Педро схватил ее за плечи, лицо его было искажено бессильной яростью. Я невольно сжал револьвер; сердце у меня бурно колотилось, но я знал, что моя рука не дрогнет.
— Ты хочешь бить меня, Педро? — произнесла она все так же спокойно, будто спрашивала: «Ты хочешь пить?»
— Да, я буду тебя избивать, колотить, мучить, пока… пока ты…
— Хорошо, бей меня, Педро…
Он застонал и пошатнулся, как пьяный.
Я подошел ближе, чтобы своим появлением прервать эту невыносимую сцену.
Видеть вечную гнетущую печаль Марты и ужасную внутреннюю борьбу Педро было мне невыразимо тягостно, а они тоже отчасти избегали меня, хоть и по разным причинам, — и все сложилось так, что большую часть долгих лунных дней я проводил в полнейшем одиночестве. Постепенно я привык к этому. Впрочем, теперь я уже мог мечтами о будущем заполнять пустоту и тоску, на которые сам себя добровольно обрек. Правда, я, бывало, иначе представлял себе супружество «одного из нас» с Мартой: я мечтал о какой-то безоблачной, тихой, пускай слегка овеянной грустью идиллии, о новых сердечных узах, соединяющих наш тесный круг, о долгих беседах вполголоса, посвященных заботам о счастье и удобствах тех, кто придет после нас; но хотя действительность и разрушила до основания все эти прекрасные мечты, она все же дала мне одно неоценимое сокровище: надежду на новое поколение. Я уже любил это будущее поколение, этих не моих детей, раньше, чем они появились на свет. В своих долгих одиноких блужданиях я непрестанно думал о них. Для них я накапливал запасы, изучал окрестности, записывал свои наблюдения; для них очистил от пыли и привел в порядок захваченную с Земли библиотечку; для них делал кирпичи и обжигал известь, чтобы построить каменный дом и небольшую астрономическую обсерваторию; для них выплавлял из руды железо или ковал из серебра, в изобилии тут имеющегося, разную утварь, делал стекло, бумагу и другие материалы, необходимые для цивилизованного человека. Я так несказанно радовался этим детям, которым еще лишь предстояло родиться! Мне казалось, что с их появлением все обязательно изменится к лучшему, что их улыбки и лепет развеют наконец ту удушливую атмосферу, которая царила среди нас.

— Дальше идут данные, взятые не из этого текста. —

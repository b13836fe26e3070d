-- ===== src/Base/Table.antt =====
-- A table of the database as the list of its rows, oldest first, with the queries that the
-- services make of it. `key` is the column that a query selects by.
use mathlib.Core.Option
use chat_intelli_api.Base.Tests.{if◌then◌else◌, Bool-cases, is_none}
use chat_intelli_api.Base.Lists.{All}
use Prim.Native.String.{String}
use mathlib.Core.Path.{◌≡◌, refl, subst}
use mathlib.Core.Logic.{inl, inr}
use mathlib.Core.Bool.{Bool, true, false}
use mathlib.Core.Option.{Option, none, some}
use mathlib.Core.List.{List, [], ◌∷◌, ◌++◌}
use native.Mathlib.Omega.{arith}
use text.Mathlib.Text.{◌==◌}
use text.Mathlib.TextEquality.{eq_iff}

module _ {ℓ} {R : Type ℓ} where
  -- `findFirst`, on rows in the order of the query.
  unfoldable pub find_first : (R → Bool) → List R → Option R
  find_first p [] = none
  find_first p (r ∷ rs) = if p r then some r else find_first p rs

  -- `updateMany({ where, data })`
  unfoldable pub update_many : (R → Bool) → (R → R) → List R → List R
  update_many p f [] = []
  update_many p f (r ∷ rs) = (if p r then f r else r) ∷ update_many p f rs

module _ {ℓ} {R : Type ℓ} (key : R → String) where
  -- `findUnique({ where: { key } })`
  unfoldable pub find_unique : String → List R → Option R
  find_unique k [] = none
  find_unique k (r ∷ rs) = if key r == k then some r else find_unique k rs

  -- The rows after `update({ where: { key }, data })`
  unfoldable pub update_key : String → (R → R) → List R → List R
  update_key k f [] = []
  update_key k f (r ∷ rs) = (if key r == k then f r else r) ∷ update_key k f rs

  -- A query by key after an update by key, where the update leaves the key alone.
  pub find_unique-update_key :
      (k j : String) (f : R → R) (rs : List R)
      → ((r : R) → key (f r) ≡ key r)
      → find_unique j (update_key k f rs)
        ≡ (if k == j then Option.map f (find_unique j rs) else find_unique j rs)
  unfolding find_unique update_key
  find_unique-update_key k j f [] same = ground arith
  find_unique-update_key k j f (r ∷ rs) same = ground (
    arith,
    same r,
    eq_iff (key r) k,
    eq_iff (key r) j,
    eq_iff k j,
    find_unique-update_key k j f rs same,
  )

  -- Two updates of one key are one.
  pub update_key_twice :
      (k : String) (f g : R → R) (rs : List R)
      → ((r : R) → key (f r) ≡ key r)
      → update_key k g (update_key k f rs) ≡ update_key k (λ r. g (f r)) rs
  unfolding update_key
  update_key_twice k f g [] same = refl
  update_key_twice k f g (r ∷ rs) same =
      ground (arith, same r, eq_iff (key r) k, update_key_twice k f g rs same)

  -- A query by key after an update of all rows that pass a test, which leaves the key alone.
  pub find_unique-update_many :
      (k : String) (p : R → Bool) (f : R → R) (rs : List R)
      → ((r : R) → key (f r) ≡ key r)
      → find_unique k (update_many p f rs)
        ≡ Option.map (λ r. if p r then f r else r) (find_unique k rs)
  unfolding find_unique update_many
  find_unique-update_many k p f [] same = refl
  find_unique-update_many k p f (r ∷ rs) same =
      ground (arith, same r, find_unique-update_many k p f rs same)

  -- A query by key behind an insert.
  pub find_unique-append :
      (k : String) (rs : List R) (r : R)
      → find_unique k (rs ++ r ∷ [])
        ≡ (if is_none (find_unique k rs) then find_unique k (r ∷ []) else find_unique k rs)
  unfolding find_unique
  find_unique-append k [] r = refl
  find_unique-append k (s ∷ rs) r = ground (arith, find_unique-append k rs r)

  -- A row that a query returns has the key that was asked for.
  pub find_unique-key : (k : String) (rs : List R) (r : R) → find_unique k rs ≡ some r → key r ≡ k
  unfolding find_unique
  find_unique-key k [] r h = absurd (ground arith)
  find_unique-key k (s ∷ rs) r h = ground (arith, eq_iff (key s) k, find_unique-key k rs r)

module _ {ℓ κ} {R : Type ℓ} (key : R → String) (P : R → Type κ) where
  pub All-update_key :
      (k : String) (f : R → R) (rs : List R)
      → ((r : R) → P r → P (f r))
      → All P rs
      → All P (update_key key k f rs)
  unfolding update_key
  All-update_key k f [] step h = tt
  All-update_key k f (r ∷ rs) step h = (one (key r == k), All-update_key k f rs step h.1)
    where
      one : (b : Bool) → P (if b then f r else r)
      one true = step r h.0
      one false = h.0

  pub All-find_unique :
      (k : String) (rs : List R) (r : R) → All P rs → find_unique key k rs ≡ some r → P r
  unfolding find_unique
  All-find_unique k [] r h e = absurd (ground arith)
  All-find_unique k (s ∷ rs) r h e = elim (Bool-cases (key s == k)) [
    | inl same ↦ let found : s ≡ r = ground arith in subst P found h.0
    | inr other ↦ All-find_unique k rs r h.1 (rw other at e)
  ]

Я ждал не слишком долго. И года не прошло, как Марта произвела на свет близнецов — двух девочек.
Они родились ночью. Когда я услышал из другой комнаты, где сидел с Томом, их первый слабый плач, я вскочил, охваченный безумной радостью; но в тот же миг мое сердце сжалось от такой ужасной, неутолимой боли, что я начал кусать пальцы, чтобы подавить рвущиеся наружу рыдания, и слезы полились у меня из глаз.
Том удивленно смотрел на меня, прислушиваясь в то же время к звукам, доносившимся из другой комнаты.

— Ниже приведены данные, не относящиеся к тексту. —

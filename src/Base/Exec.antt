-- ===== src/Base/Exec.antt =====
-- Methods that write to the database and may throw. What was written before a throw stays written,
-- unless it stands in a transaction, which writes all or nothing.
use Prim.Native.String.{String}
use native.Mathlib.Omega.{arith}
use mathlib.Core.Logic.{◌⊎◌, inl, inr}
use mathlib.Core.Path.{◌≡◌, refl}

-- What a method throws: the exceptions of NestJS, Prisma's `P2025`, and any other error.
pub data Failure : Type 0 where
  not_found : String → Failure
  bad_request : String → Failure
  forbidden : String → Failure
  failed : String → Failure

abbrev pub message : Failure → String
message (not_found m) = m
message (bad_request m) = m
message (forbidden m) = m
message (failed m) = m

pub data Result {ℓ} (A : Type ℓ) : Type ℓ where
  ok : A → Result A
  err : Failure → Result A

abbrev pub Exec : Type 0 → Type 0 → Type 0
Exec S A = S → Result A × S

module _ {S A : Type 0} where
  abbrev pub pure : A → Exec S A
  pure a s = (ok a, s)

  abbrev pub throw : Failure → Exec S A
  throw e s = (err e, s)

  -- `prisma.$transaction(async (tx) => …)`
  abbrev pub settle : Result A × S → S → Result A × S
  settle (ok a, after) before = (ok a, after)
  settle (err e, after) before = (err e, before)

  abbrev pub transaction : Exec S A → Exec S A
  transaction m s = settle (m s) s

module _ {S A B : Type 0} where
  abbrev pub resume : Result A × S → (A → Exec S B) → Result B × S
  resume (ok a, s) f = f a s
  resume (err e, s) f = (err e, s)

  infixl 5 ◌>>=◌ ◌>>◌
  abbrev pub ◌>>=◌ : Exec S A → (A → Exec S B) → Exec S B
  ◌>>=◌ m f s = resume (m s) f

  abbrev pub ◌>>◌ : Exec S A → Exec S B → Exec S B
  ◌>>◌ m n s = resume (m s) (λ _. n)

pub Result-cases {ℓ} :
    {A : Type ℓ} (r : Result A) → ((e : Failure) × (r ≡ err e)) ⊎ ((a : A) × (r ≡ ok a))
Result-cases (ok a) = inr (a, refl)
Result-cases (err e) = inl (e, refl)

module _ {S A B : Type 0} where
  -- A sequence that returns has returned from its first part.
  pub >>=-eq-ok :
      (m : Exec S A) (f : A → Exec S B) (s r : S) (b : B)
      → (m >>= f) s ≡ (ok b, r)
      → (a : A) × (mid : S) × (m s ≡ (ok a, mid)) × (f a mid ≡ (ok b, r))
  >>=-eq-ok m f s r b h = go (m s) refl h
    where
      go :
          (o : Result A × S)
          → m s ≡ o
          → resume o f ≡ (ok b, r)
          → (a : A) × (mid : S) × (m s ≡ (ok a, mid)) × (f a mid ≡ (ok b, r))
      go (ok a, mid) e k = (a, mid, e, k)
      go (err x, mid) e k = absurd (ground arith)

module _ {S A : Type 0} where
  -- A transaction that throws has written nothing; one that returns has made all of its writes.
  pub transaction_outcome :
      (m : Exec S A) (s : S)
      → ((e : Failure) × (transaction m s ≡ (err e, s)))
        ⊎ ((a : A) × (r : S) × (m s ≡ (ok a, r)) × (transaction m s ≡ (ok a, r)))
  transaction_outcome m s = go (m s) refl
    where
      go :
          (o : Result A × S)
          → m s ≡ o
          → ((e : Failure) × (settle (m s) s ≡ (err e, s)))
            ⊎ ((a : A) × (r : S) × (m s ≡ (ok a, r)) × (settle (m s) s ≡ (ok a, r)))
      go (ok a, r) e = inr (a, r, e, rw e)
      go (err x, r) e = inl (x, rw e)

— Дядя, — произнес он наконец (так он меня всегда называл), — дядя, кто это там так плачет, мама, что ли?
— Нет, детка, это не мама плачет, это… это такой маленький ребеночек… как ты, но еще меньше.
Том сделал серьезную мину и начал раздумывать.
— А откуда этот ребенок? А зачем этот ребенок? — спросил он снова.
Я не знал, что ему ответить. Он тем временем зорко приглядывался ко мне.
— Дядя, а ты почему плачешь? — спросил он вдруг. И правда, почему я плакал?
— Потому что я дурак! — резко сказал я, отвечая скорее на собственные мысли, чем на его вопрос.
Ребенок покачал головой с невероятной серьезностью.
— А вот и неправда! Я знаю, что ты не дурак. Мама так не говорила. Мама сказала, что ты добрый, очень добрый, только… только…
— Только — что? Как тебе мама сказала?